El primer día del FIB, congregación que lleva realizándose nada menos que desde 1995, constituiría uno de los más destacados en cuanto al cartel que proponían, pese a la sorpresa que esto trae consigo por el hecho de tener lugar un jueves. Pero todo cobra sentido al observar que disponíamos de unos cabezas de cartel de talla internacional (lo internacional parecía ser lo que movería este evento con tanta proyección hacia el exterior de nuestras fronteras), pero para llegar a ellos hemos de remontarnos al inicio del día.

 

Nuestra primera parada tuvo lugar en el escenario Radio 3, el cual, pese a lo conflictivo que acarrea el estar situado dentro de una carpa en lo que respecta a la recepción del sonido, era inaugurado por el directo más que flamante de Gatomidi. Los conquenses, que presentaron en abril su último trabajo, The Flower’s Cavern, nos invitaron a venirnos arriba casi recién empezado el festival con su enérgica propuesta de Noise Rock repleta de vistosos matices. Era casi palpable una cierta emoción que rodeaba a la banda como si fuera un aura; se nota cuándo un grupo está a gusto sobre el escenario, cuándo está disfrutando como lxs que les ven desde abajo, algo de lo cual, en este caso, no hubo ninguna duda. En lo peninsular, Belako también venían pegando fuerte sobre el escenario Las Palmas – el más grande del recinto – con su siempre electrizante directo que tantas delicias está haciendo allá por donde pasa. Lxs de Mungia están evolucionando de manera efervescente; cada vez se muestran más cómodxs sobre las tablas y su propuesta de Post-Punk fusionada con los sintetizadores logra llegar al público más que gratamente. De hecho, en esta ocasión se merendaron sin problema alguno el escenario principal. Muchos temas sonaron de su último disco Hamen, cómo olvidar la interpretación de la magnífica “Fire Alarm”, si bien también pudimos encontrar el adelanto del que será su próximo trabajo: “Render Me Numb”.

 

No dudamos en quedarnos en este mismo lugar para, tras un descanso y todavía con la emoción en el cuerpo, presenciar la actuación de Ride; decepcionante decisión, sin duda.
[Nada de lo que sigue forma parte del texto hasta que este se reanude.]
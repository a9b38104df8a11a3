-- ===== src/Schedule/Types.antt =====
-- apps/gateway/src/runtime_schedule.ts and cron_channel.ts: the schedules, the operations that wait for approval,
-- the tasks of the scheduler, and what the manager keeps.
use blue_tanuki.Base.{ℕ, String, Bool, Option, List}
use blue_tanuki.Base.Dict.{Dict}
use blue_tanuki.Approval.Types.{Level, Risk}
use blue_tanuki.Controller.Types.{ScheduleLifecycleEvent}

pub data ScheduleStatus : Type 0 where
  pending active disabled deleted rejected : ScheduleStatus

-- `origin` is the literal "runtime".
pub record RuntimeSchedule : Type 0 where
  pub id : String
  pub enabled : Bool
  pub channel : String
  pub target : String
  pub content : String
  pub time : Option String
  pub interval_ms : Option ℕ
  pub created_at_ms : ℕ
  pub updated_at_ms : ℕ
  pub payload_hash : String
  pub status : ScheduleStatus

pub data ScheduleOperation : Type 0 where
  create update delete : ScheduleOperation

pub record PendingOperation : Type 0 where
  pub command_id : String
  pub request_id : Option String
  pub actor : String
  pub operation : ScheduleOperation
  pub schedule_id : String
  pub proposed : RuntimeSchedule
  pub previous : Option RuntimeSchedule
  pub approval_level : Level
  pub risk : Risk
  pub expires_at_ms : ℕ

pub record ScheduleLifecycle : Type 0 where
  pub schedule_id : String
  pub operation : ScheduleOperation
  pub actor : String
  pub approval_level : Level
  pub risk : Risk
  pub payload_hash : String
  pub previous_payload_hash : Option String
  pub command_id : String
  pub request_id : Option String

pub data TaskName : Type 0 where
  daily_brief scheduled_message : TaskName

pub data TaskOrigin : Type 0 where
  boot runtime : TaskOrigin

pub record CronTask : Type 0 where
  pub id : String
  pub name : Option TaskName
  pub origin : Option TaskOrigin
  pub enabled : Option Bool
  pub channel : String
  pub target : String
  pub content : String
  pub time : Option String
  pub interval_ms : Option ℕ
  pub payload_hash : Option String

pub record NormalizedTask : Type 0 where
  pub id : String
  pub name : TaskName
  pub origin : TaskOrigin
  pub enabled : Bool
  pub channel : String
  pub target : String
  pub content : String
  pub time : String
  pub interval_ms : Option ℕ
  pub payload_hash : String

-- A timer is set exactly while it runs.
pub record CronRuntime : Type 0 where
  pub task : NormalizedTask
  pub running : Bool
  pub next_fire_at_ms : Option ℕ
  pub last_fire_at_ms : Option ℕ

pub record CronScheduler : Type 0 where
  pub started : Bool
  pub runtimes : Dict CronRuntime

pub record CronTaskSnapshot : Type 0 where
  pub id : String
  pub name : TaskName
  pub origin : TaskOrigin
  pub enabled : Bool
  pub running : Bool
  pub channel : String
  pub target : String
  pub time : String
  pub interval_ms : Option ℕ
  pub payload_hash : String
  pub next_fire_at_ms : Option ℕ
  pub last_fire_at_ms : Option ℕ

-- The fields of RuntimeScheduleManager that change, the contents that the file is asked to hold, and the calls
-- of `onLifecycle`.
pub record ManagerState : Type 0 where
  pub schedules : Dict RuntimeSchedule
  pub pending : Dict PendingOperation
  pub pending_by_schedule : Dict String
  pub scheduler : Option CronScheduler
  pub writes : List (List RuntimeSchedule)
  pub events : List (ScheduleLifecycleEvent × ScheduleLifecycle)

pub record RuntimeScheduleSnapshot : Type 0 where
  pub id : String
  pub enabled : Bool
  pub channel : String
  pub target : String
  pub time : String
  pub interval_ms : Option ℕ
  pub created_at_ms : ℕ
  pub updated_at_ms : ℕ
  pub payload_hash : String
  pub status : ScheduleStatus
  pub pending_operation : Option ScheduleOperation
  pub pending_command_id : Option String
  pub approval_expires_at_ms : Option ℕ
Si bien no podemos dudar la pericia instrumental que estos veteranos demuestran sobre el escenario, su actuación parecía un hilo constante de música ambiente. Una interpretación excesivamente seria e insípida casi hacía entrar sueño pese a la consciencia de que aquello que sonaba, temas como “Leave Them All Behind” o “Weather Diaries”. Demasiada rectitud para un público ciertamente escaso que a las nueve de la noche, por qué no, quizás andaba deseando algo de dinamismo que no obtuvo.

 

Para nuestra alegría, Kaleo protagonizarían, acto seguido, uno de los mejores directos de este festival. Su apuesta por ese Rock diferente y con aires de Blues cada vez cobra más fuerza, y la elegancia de la banda sobre el Escenario Visa ayudó al público a disfrutar de una experiencia memorable. Mención especial merece, dicho sea de paso, el abrumador timbre de su vocalista, una voz profunda a la par  que rasgada capaz de dejar boquiabiertos a quienes no habían escuchado nunca al grupo. Solapándose con el final de su set, el británico Stormzy comenzaba su concierto en un escenario principal lleno a rebosar por un público de clara procedencia británica. Y es que este rapero, que ha propuesto una original forma de crear en este género con tan solo un LP titulado Gang Signs & Prayer, se adueñó de los constantes coros de lxs asistentes en un directo potentísimo, en el que el movimiento del artista no cesaba por todo el espacio.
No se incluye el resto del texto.